> EXERCISE GOAL: Output the records in full, exactly as given.

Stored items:
........
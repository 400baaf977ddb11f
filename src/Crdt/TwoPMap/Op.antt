-- ===== src/Crdt/TwoPMap/Op.antt =====
-- ossa-crdt/src/map/twopmap.rs: the operations of a two-phase map.
pub data TwoPMapOp {ℓ κ μ} (K : Type ℓ) (V : Type κ) (Op : Type μ) : Type (ℓ ⊔ κ ⊔ μ) where
  insert : (key : K) → (value : V) → TwoPMapOp K V Op
  apply : (key : K) → (operation : Op) → TwoPMapOp K V Op
  delete : (key : K) → TwoPMapOp K V Op

-- `TwoPMapOp::key`
unfoldable pub key {ℓ κ μ} : {K : Type ℓ} {V : Type κ} {Op : Type μ} → TwoPMapOp K V Op → K
key (insert k v) = k
key (apply k op) = k
key (delete k) = k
........
> EXERCISE OUTPUT:
repository 400baaf977ddb11f
filename src/Crdt/TwoPMap/Op.antt
-- ===== src/Crdt/TwoPMap/Op.antt =====
-- ossa-crdt/src/map/twopmap.rs: the operations of a two-phase map.
pub data TwoPMapOp {ℓ κ μ} (K : Type ℓ) (V : Type κ) (Op : Type μ) : Type (ℓ ⊔ κ ⊔ μ) where
  insert : (key : K) → (value : V) → TwoPMapOp K V Op
  apply : (key : K) → (operation : Op) → TwoPMapOp K V Op
  delete : (key : K) → TwoPMapOp K V Op

-- `TwoPMapOp::key`
unfoldable pub key {ℓ κ μ} : {K : Type ℓ} {V : Type κ} {Op : Type μ} → TwoPMapOp K V Op → K
key (insert k v) = k
key (apply k op) = k
key (delete k) = k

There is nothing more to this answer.